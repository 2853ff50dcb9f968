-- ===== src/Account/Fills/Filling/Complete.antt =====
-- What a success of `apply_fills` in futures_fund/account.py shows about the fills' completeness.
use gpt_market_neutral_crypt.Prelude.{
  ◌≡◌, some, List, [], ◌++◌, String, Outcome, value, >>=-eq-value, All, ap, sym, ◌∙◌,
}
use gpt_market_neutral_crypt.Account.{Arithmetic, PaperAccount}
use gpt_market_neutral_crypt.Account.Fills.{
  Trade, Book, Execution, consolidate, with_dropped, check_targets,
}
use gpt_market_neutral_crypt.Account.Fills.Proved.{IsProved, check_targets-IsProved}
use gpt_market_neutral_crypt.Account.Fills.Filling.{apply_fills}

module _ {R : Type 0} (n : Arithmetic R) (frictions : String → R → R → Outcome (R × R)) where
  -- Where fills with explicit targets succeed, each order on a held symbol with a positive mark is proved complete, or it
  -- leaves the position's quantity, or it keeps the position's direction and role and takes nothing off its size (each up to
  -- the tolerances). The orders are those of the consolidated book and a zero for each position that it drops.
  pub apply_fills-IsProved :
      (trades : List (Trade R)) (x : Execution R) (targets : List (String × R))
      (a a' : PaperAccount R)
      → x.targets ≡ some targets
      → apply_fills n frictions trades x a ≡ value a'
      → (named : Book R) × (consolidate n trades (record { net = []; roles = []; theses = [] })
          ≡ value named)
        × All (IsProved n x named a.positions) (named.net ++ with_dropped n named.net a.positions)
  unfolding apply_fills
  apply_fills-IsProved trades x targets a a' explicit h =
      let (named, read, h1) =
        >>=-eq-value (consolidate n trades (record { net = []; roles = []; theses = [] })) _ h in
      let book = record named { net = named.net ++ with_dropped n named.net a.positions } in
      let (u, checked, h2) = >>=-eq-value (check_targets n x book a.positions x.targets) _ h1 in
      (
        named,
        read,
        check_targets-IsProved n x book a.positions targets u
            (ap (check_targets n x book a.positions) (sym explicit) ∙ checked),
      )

◆ **Work to complete**:
Give only the count of lines in this material that contain the string "List".

◆ **Response to the task**:
2